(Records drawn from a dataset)
□ □ □ □

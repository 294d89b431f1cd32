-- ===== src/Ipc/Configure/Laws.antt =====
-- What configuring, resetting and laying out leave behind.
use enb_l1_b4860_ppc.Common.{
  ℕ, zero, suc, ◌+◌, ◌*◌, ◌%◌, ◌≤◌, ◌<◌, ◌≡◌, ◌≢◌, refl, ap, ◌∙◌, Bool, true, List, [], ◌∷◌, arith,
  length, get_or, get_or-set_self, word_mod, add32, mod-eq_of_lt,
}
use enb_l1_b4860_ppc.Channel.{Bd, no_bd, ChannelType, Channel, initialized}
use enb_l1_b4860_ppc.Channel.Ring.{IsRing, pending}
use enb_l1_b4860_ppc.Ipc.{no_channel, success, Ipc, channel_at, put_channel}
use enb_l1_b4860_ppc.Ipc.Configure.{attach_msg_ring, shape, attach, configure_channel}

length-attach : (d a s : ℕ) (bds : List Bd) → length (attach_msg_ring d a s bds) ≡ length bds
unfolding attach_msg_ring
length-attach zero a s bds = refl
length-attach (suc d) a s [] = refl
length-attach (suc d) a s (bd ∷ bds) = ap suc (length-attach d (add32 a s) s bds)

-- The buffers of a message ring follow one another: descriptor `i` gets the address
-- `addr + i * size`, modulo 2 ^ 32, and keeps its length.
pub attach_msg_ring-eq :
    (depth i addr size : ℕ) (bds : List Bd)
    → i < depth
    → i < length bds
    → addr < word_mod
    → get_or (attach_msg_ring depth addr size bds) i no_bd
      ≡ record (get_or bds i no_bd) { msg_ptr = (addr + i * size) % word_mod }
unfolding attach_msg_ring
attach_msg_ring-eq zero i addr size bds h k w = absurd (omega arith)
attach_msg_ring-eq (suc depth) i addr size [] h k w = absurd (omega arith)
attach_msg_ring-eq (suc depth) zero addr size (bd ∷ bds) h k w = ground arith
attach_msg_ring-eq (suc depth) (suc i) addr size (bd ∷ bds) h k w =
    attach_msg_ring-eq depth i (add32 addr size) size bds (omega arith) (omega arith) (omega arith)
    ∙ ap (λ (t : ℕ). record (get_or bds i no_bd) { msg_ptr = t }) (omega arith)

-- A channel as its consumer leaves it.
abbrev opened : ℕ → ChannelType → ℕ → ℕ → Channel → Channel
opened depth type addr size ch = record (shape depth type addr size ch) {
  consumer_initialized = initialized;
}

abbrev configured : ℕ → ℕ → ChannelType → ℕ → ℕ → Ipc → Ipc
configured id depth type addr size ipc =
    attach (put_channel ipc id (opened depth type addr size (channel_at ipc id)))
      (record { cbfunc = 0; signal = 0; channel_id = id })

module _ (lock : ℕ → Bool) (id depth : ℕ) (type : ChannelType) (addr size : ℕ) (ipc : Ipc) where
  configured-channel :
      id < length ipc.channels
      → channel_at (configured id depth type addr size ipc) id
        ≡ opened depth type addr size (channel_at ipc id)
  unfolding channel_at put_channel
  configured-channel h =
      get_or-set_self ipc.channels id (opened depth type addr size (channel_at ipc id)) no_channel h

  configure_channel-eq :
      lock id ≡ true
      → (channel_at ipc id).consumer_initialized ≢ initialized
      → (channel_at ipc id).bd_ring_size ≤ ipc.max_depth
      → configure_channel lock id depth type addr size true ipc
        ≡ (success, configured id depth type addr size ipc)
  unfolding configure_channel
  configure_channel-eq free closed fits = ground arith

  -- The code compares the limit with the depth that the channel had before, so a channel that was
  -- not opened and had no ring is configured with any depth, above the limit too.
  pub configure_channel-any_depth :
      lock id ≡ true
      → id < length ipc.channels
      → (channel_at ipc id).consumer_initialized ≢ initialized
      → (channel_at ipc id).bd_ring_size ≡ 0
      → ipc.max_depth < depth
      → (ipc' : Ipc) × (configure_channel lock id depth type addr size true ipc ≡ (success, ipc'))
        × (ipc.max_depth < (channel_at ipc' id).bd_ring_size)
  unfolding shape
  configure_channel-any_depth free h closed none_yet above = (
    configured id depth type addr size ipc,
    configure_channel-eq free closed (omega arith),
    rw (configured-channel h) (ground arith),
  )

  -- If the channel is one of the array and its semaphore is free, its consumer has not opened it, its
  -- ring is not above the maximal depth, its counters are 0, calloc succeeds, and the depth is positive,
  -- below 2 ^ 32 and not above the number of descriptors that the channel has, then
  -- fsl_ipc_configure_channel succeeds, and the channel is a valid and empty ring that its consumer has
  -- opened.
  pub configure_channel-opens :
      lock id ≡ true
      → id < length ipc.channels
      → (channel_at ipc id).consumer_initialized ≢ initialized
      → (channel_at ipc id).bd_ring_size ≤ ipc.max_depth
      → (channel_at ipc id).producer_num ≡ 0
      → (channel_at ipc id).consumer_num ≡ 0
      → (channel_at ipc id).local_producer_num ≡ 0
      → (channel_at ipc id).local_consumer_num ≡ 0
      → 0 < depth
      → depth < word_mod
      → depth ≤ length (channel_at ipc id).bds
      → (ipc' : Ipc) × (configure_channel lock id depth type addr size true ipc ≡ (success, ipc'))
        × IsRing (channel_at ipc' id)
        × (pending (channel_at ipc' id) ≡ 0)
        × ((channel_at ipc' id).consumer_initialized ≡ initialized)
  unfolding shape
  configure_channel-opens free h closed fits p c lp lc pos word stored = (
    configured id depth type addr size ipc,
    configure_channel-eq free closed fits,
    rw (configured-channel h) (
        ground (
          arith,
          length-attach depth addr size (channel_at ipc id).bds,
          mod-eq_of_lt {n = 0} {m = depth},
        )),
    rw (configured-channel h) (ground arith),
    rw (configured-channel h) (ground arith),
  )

□ □ □ □

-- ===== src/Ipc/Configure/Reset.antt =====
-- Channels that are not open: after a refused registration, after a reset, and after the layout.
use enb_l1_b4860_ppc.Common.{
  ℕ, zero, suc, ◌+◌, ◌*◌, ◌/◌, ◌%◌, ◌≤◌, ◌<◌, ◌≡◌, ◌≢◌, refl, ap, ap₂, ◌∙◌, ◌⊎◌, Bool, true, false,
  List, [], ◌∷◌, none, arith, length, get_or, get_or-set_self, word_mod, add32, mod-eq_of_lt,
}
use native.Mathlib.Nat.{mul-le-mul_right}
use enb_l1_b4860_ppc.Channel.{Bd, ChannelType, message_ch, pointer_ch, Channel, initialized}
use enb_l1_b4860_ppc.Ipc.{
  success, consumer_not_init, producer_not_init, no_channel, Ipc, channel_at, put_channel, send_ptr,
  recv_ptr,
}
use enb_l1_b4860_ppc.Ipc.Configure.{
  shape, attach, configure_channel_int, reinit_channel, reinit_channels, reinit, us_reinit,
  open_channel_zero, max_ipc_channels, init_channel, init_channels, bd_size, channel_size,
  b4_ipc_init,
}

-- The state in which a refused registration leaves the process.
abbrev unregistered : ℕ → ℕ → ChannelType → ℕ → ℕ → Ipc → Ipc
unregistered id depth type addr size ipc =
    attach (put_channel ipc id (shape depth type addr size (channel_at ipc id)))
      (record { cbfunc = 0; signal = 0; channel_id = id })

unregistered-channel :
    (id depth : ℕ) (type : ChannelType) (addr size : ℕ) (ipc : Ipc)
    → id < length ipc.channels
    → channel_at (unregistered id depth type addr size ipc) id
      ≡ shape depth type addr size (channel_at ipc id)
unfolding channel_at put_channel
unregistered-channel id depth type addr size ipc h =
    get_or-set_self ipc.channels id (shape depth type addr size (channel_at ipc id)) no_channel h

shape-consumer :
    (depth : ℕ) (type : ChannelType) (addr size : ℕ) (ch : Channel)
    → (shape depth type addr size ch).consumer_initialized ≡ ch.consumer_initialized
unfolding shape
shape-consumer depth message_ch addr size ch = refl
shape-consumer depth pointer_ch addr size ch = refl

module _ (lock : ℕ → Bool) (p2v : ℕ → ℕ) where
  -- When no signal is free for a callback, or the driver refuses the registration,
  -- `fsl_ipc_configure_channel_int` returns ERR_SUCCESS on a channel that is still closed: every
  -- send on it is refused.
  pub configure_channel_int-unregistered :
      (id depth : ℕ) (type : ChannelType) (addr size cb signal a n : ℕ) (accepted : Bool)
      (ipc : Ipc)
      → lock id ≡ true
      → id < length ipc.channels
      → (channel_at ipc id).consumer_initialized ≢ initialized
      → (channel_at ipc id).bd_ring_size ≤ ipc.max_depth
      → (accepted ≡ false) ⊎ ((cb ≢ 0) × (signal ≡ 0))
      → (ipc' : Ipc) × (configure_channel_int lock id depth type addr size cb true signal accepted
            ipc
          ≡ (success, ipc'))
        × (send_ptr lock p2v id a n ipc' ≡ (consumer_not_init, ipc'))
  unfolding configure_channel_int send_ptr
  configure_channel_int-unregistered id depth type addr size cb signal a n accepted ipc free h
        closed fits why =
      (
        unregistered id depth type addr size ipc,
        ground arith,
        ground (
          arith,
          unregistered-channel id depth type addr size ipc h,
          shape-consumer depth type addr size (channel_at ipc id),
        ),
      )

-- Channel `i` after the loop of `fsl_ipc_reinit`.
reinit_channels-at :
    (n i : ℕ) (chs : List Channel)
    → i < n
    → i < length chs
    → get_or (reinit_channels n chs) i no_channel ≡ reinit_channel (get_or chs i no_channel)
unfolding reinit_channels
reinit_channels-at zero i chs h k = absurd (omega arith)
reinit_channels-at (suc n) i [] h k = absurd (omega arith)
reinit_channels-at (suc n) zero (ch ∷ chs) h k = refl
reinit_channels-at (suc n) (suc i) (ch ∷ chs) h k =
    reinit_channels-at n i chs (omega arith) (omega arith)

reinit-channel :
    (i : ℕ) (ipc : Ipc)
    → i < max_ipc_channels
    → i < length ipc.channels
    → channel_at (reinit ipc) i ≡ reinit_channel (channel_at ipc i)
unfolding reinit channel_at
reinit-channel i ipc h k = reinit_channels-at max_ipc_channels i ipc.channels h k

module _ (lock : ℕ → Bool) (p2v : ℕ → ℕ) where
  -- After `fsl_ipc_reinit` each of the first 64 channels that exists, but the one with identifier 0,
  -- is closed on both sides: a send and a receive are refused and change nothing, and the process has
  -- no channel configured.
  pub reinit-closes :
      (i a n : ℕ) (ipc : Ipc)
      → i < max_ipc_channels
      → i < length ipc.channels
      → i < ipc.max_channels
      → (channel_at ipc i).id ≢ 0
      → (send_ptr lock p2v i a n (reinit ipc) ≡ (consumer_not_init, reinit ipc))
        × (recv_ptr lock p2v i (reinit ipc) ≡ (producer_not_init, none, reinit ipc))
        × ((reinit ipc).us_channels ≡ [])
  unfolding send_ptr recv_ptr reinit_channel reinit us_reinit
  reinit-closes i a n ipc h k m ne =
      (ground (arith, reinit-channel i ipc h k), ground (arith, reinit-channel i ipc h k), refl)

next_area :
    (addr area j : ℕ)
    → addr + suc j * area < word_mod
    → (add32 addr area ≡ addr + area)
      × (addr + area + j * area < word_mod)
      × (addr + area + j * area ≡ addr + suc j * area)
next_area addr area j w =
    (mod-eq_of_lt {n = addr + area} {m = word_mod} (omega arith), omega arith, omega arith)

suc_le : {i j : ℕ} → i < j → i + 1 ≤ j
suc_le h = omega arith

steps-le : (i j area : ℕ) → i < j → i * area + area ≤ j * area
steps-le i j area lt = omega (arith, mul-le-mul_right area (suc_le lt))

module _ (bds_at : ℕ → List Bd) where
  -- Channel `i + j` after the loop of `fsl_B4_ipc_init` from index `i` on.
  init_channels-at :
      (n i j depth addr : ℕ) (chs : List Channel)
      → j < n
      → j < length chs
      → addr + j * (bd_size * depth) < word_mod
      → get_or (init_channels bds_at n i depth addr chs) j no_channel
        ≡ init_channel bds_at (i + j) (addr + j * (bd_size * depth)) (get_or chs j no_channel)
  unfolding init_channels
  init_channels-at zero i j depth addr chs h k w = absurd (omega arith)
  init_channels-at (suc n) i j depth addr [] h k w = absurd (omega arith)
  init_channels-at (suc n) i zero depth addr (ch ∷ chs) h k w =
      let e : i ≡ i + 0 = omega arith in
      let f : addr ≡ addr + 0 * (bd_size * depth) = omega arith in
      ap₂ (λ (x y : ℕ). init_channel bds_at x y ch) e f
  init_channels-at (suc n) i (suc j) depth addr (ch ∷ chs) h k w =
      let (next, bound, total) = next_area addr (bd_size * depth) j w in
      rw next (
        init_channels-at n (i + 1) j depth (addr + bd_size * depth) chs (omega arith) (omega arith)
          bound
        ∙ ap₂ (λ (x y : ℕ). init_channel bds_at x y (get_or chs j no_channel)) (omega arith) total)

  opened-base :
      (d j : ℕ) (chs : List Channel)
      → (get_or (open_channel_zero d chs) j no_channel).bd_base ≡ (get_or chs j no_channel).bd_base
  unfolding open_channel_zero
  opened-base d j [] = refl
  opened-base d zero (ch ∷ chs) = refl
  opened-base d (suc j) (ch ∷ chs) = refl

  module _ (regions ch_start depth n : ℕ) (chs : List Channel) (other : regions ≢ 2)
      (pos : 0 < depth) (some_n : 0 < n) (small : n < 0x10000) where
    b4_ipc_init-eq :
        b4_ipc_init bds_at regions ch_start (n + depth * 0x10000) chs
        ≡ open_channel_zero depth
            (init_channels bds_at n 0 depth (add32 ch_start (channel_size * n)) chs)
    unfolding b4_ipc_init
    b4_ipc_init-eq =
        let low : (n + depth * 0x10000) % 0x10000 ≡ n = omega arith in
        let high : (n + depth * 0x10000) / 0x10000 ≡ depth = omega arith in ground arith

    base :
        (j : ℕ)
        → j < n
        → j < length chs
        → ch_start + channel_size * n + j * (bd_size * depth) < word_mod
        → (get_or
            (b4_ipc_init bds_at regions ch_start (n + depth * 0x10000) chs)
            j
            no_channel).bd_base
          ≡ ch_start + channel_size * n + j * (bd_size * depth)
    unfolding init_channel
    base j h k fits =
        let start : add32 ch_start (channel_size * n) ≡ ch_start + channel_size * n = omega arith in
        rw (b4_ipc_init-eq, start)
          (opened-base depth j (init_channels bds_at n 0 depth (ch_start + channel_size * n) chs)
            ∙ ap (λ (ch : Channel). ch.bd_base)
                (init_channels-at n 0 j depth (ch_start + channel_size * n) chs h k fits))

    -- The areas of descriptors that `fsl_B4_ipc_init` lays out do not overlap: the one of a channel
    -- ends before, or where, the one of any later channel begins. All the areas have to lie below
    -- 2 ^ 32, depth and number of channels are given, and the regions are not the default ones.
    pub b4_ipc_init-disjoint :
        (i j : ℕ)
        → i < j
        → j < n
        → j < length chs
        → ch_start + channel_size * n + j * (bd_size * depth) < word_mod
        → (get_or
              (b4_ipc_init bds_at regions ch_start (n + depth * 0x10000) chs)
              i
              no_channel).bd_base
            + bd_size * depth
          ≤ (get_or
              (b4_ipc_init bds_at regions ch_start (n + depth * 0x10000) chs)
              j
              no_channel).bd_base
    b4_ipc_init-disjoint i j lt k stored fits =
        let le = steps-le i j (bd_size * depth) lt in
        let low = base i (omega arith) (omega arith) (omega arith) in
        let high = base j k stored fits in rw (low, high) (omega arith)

□ □ □ □

Take every line above that includes "steps" and list it.

steps-le : (i j area : ℕ) → i < j → i * area + area ≤ j * area
steps-le i j area lt = omega (arith, mul-le-mul_right area (suc_le lt))
        let le = steps-le i j (bd_size * depth) lt in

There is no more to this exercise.